# 4Health Dog Food for Puppy



## ChickieeT (Jun 12, 2019)

I am getting a forever GSD (I've done fostering & rescuing, as well as service dog puppy raising, but he will be ALL mine!) I am very comfortable with Tractor Supply's 4Health dog food products, and they are affordable and rate well on the dog food advisor. I am looking for recommendations WITHIN the 4Health options as to which one- grain free, untamed, puppy, large breed puppy... I realize everyone has their favorites and opinions, and I respect that, so please comment only on the 4Health options. I appreciate it.:grin2:


----------



## Magwart (Jul 8, 2012)

ChickieeT said:


> . I am looking for recommendations WITHIN the 4Health options as to which one- grain free, untamed, puppy, large breed puppy... I realize everyone has their favorites and opinions, and I respect that, so please comment only on the 4Health options. I appreciate it.:grin2:



First, it may be useful to know 4Health is privately labeled for TSC by Diamond (which also makes Kirkland and Nature's Domain food for Costco). So I would encourage you to think of 4Health and Diamond Naturals as analog foods and extensions of each other -- dogs can generally switch between DN, TSC's 4health, and Costco's Kirkland seamlessly once you figure out the analog foods within the families.
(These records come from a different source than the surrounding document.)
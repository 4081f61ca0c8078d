-- ===== src/Property/Service.antt =====
-- property/service.go, over the stores that it is written against (store.PropertyStore, ProjectStore,
-- IssueStore) with one state.
use spec_powers.Prelude.{String, Option, List, str_eq, length, if◌then◌else◌}
use spec_powers.Domain.{Project, ProjectMember, Issue}
use spec_powers.Api.{
  err_invalid, err_forbidden, err_not_found, err_conflict, err_internal, Stored, Result, ok, err,
  checked, listed, Action, pure, lift, reads, writes, tries, guard, ◌>>=◌, ◌>>◌,
}
use spec_powers.Issue.Access.{role_suffices}
use spec_powers.Property.Values.{
  PropertyDefinition, IssuePropertyValue, DefinitionInput, Readers, validate_definition,
  validate_value,
}

-- What a write of a definition reports: a row, `store.ErrConflict`, or another error.
pub data Written : Type 0 where
  written : PropertyDefinition → Written
  taken : Written
  broken : Written

pub record PropertyStores : Type 1 where
  pub State : Type 0
  pub readers : Readers
  pub get_project : String → State → Stored Project
  pub get_project_member : String → String → State → Stored ProjectMember
  pub get_issue : String → State → Stored Issue
  pub create : PropertyDefinition → State → Written × State
  pub get : String → State → Stored PropertyDefinition
  pub list : String → State → Option (List PropertyDefinition)
  pub update : PropertyDefinition → State → Written × State
  pub delete : String → State → Stored (Unit {0}) × State
  pub set_value : IssuePropertyValue → State → Stored IssuePropertyValue × State
  pub values : String → State → Option (List IssuePropertyValue)
  pub project_values : String → State → Option (List IssuePropertyValue)
  pub delete_value : String → String → State → Stored (Unit {0}) × State

abbrev pub checked_write : Written → String → Result PropertyDefinition
checked_write (written d) msg = ok d
checked_write taken msg = err (err_conflict "property name already exists")
checked_write broken msg = err (err_internal msg)

-- `err != nil && err != store.ErrNotFound`.
abbrev pub cleared : Stored (Unit {0}) → Result (Unit {0})
cleared (Stored.found u) = ok tt
cleared Stored.missing = ok tt
cleared Stored.failed = err (err_internal "delete issue property failed")

module _ (st : PropertyStores) where
  open st use {
    State, readers, get_project, get_project_member, get_issue, create, get, list, update, delete,
    set_value, values, project_values, delete_value,
  }

  unfoldable pub require_project_role : String → String → String → Action State (Unit {0})
  require_project_role user project min = do
    reads (λ s.
        checked (get_project project s) (err_not_found "project not found")
          (err_internal "get project failed"))
    pm ← reads (λ s.
        checked (get_project_member project user s) (err_forbidden "not a project member")
          (err_internal "get project member failed"))
    lift (role_suffices min pm)

  abbrev pub write : (State → Written × State) → String → Action State PropertyDefinition
  write f msg s = let (r, s') = f s in (checked_write r msg, s')

  -- For an owner of the project.
  unfoldable pub create_in : String → DefinitionInput → Action State PropertyDefinition
  unfolding validate_definition
  create_in project u = do
    input ← lift (validate_definition u)
    existing ← reads (λ s. listed (list project s) "list property definitions failed")
    write
        (create (record {
          id = "";
          project_id = project;
          name = input.name;
          type = input.type;
          options = input.options;
          position = length existing;
        }))
        "create property definition failed"

  unfoldable pub create_definition :
      String → String → DefinitionInput → Action State PropertyDefinition
  unfolding require_project_role create_in
  create_definition user project u = do
    require_project_role user project "owner"
    create_in project u

  unfoldable pub list_definitions : String → String → Action State (List PropertyDefinition)
  unfolding require_project_role
  list_definitions user project = do
    require_project_role user project "member"
    reads (λ s. listed (list project s) "list property definitions failed")

  abbrev pub definition_of : String → Action State PropertyDefinition
  definition_of id = reads (λ s.
      checked (get id s) (err_not_found "property definition not found")
        (err_internal "get property definition failed"))

  unfoldable pub update_definition :
      String → String → String → DefinitionInput → Action State PropertyDefinition
  unfolding require_project_role validate_definition
  update_definition user project id u = do
    require_project_role user project "owner"
    current ← definition_of id
    guard (str_eq current.project_id project)
        (err_invalid "property definition belongs to another project")
    input ← lift (validate_definition u)
    write
        (update (record current { name = input.name; type = input.type; options = input.options }))
        "update property definition failed"

  unfoldable pub delete_definition : String → String → String → Action State (Unit {0})
  unfolding require_project_role
  delete_definition user project id = do
    require_project_role user project "owner"
    current ← definition_of id
    guard (str_eq current.project_id project)
        (err_invalid "property definition belongs to another project")
    tries (delete id) (err_not_found "property definition not found")
        (err_internal "delete property definition failed")

  unfoldable pub require_project_issue : String → String → Action State Issue
  unfolding require_project_role
  require_project_issue user issue = do
    i ← reads (λ s.
        checked (get_issue issue s) (err_not_found "issue not found")
          (err_internal "get issue failed"))
    require_project_role user i.project_id "member"
    pure i

  abbrev pub clear : String → String → Action State IssuePropertyValue
  clear issue property = do
    λ s. let (r, s') = delete_value issue property s in (cleared r, s')
    pure (record { issue_id = issue; property_id = property; value = "" })

  abbrev pub assign :
      String → String → String → PropertyDefinition → Action State IssuePropertyValue
  unfolding validate_value
  assign issue property value d = do
    lift (validate_value readers d.type value d.options)
    writes (set_value (record { issue_id = issue; property_id = property; value = value }))
        (err_internal "set issue property failed")

  -- An empty value clears the assignment.
  unfoldable pub set_or_clear :
      String → String → String → PropertyDefinition → Action State IssuePropertyValue
  unfolding assign
  set_or_clear issue property value d =
      if str_eq value "" then clear issue property else assign issue property value d

  unfoldable pub set_issue_value :
      String → String → String → String → Action State IssuePropertyValue
  unfolding require_project_issue set_or_clear
  set_issue_value user issue property value = do
    i ← require_project_issue user issue
    d ← definition_of property
    guard (str_eq d.project_id i.project_id)
        (err_invalid "property definition belongs to another project")
    set_or_clear issue property value d

  unfoldable pub list_issue_values : String → String → Action State (List IssuePropertyValue)
  unfolding require_project_issue
  list_issue_values user issue = do
    require_project_issue user issue
    reads (λ s. listed (values issue s) "list issue properties failed")

  unfoldable pub list_project_values : String → String → Action State (List IssuePropertyValue)
  unfolding require_project_role
  list_project_values user project = do
    require_project_role user project "member"
    reads (λ s. listed (project_values project s) "list project issue properties failed")

  unfoldable pub delete_issue_value : String → String → String → Action State (Unit {0})
  unfolding require_project_issue
  delete_issue_value user issue property = do
    require_project_issue user issue
    tries (delete_value issue property) (err_not_found "property value not found")
        (err_internal "delete issue property failed")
I think that grain-free kibble is basically a scam -- you need a set amount of starch to get kibble to extrude from a machine, and so grain-free foods just substitute different (often less digestible) starches for rice and oats. You are paying a lot more for beans, lentils, potatoes, and tapioca, but NOT more meat! The substitutes are often LESS nutritious and digestible than rice or oats, so you may actually be downgrading despite paying more. Unless you're adopting an allergy dog, save your money and buy the 4Health/Diamond Naturals grain-in foods. 



For adult dogs, 4Health's chicken and rice is almost identical to Diamond Naturals and Kirkland (Costco) chicken and rice -- they're all sister foods from the same plant, with nearly identical ingredients. It's decent quality, mid-grade food. You can spend a lot more to get better quality, but I don't think you can get it at this price point. I don't know any food that offers more bang for the buck -- when anyone wants a budget-conscious food that you don't have to feel guilty about, this is the one! 



I've bought a lot of the Costco version for a breed rescue -- most of our fosters feed it, and many also buy the same food for their own dogs as it feeds out very well at a very reasonable price. Unless a dog has an allergy to something in it, they tend to do really well on it -- we get solid poop very quickly, and their coats quickly look a lot better. It also doesn't require as much food as some cheaper brands. 



I've also used the Costco/Kirkland "regular" puppy food with some puppies, but I prefer buying the Diamond Naturals Large Breed Puppy to support slow, steady growth (and lessen the risk of pano). All the rescue pups we have had on it have done great. I don't think 4Health has a large breed puppy forumula analog, but TSC does sell the Diamond Naturals LBP forumula, so it should be as convenient as buying 4Health:
https://www.tractorsupply.com/tsc/p...e-breed-puppy-dog-food-40-lb-bag?cm_vc=-10005


I would recommend that you consider the Diamond Naturals LB puppy formula until the pup transitions to adult 4Health food. You'll be feeding the same family of food, and can purchase in the same place.


Diamond had a bad series of recalls quite a few years ago (2012?), but they seem to have fixed the problems as there hasn't been any major recalls from their plants for a long time (and other companies have had much more recent problems). Nevertheless, I do save bag lot codes until the bag is completely gone just in case there's a recall -- that's frankly a good practice with any food in this era of contamination.


----------



## ChickieeT (Jun 12, 2019)

Thank you, that was very helpful. I will definately look into the Costco option, as they are about 2 miles away versus over 12 to get to TSC. I agree with the "Grain-Free" labeling hype. I also compared the ingredients and percentages to several of the high end/more highly rated foods, and all are pretty similar. I appreciate you taking your time to offer some advice. O


----------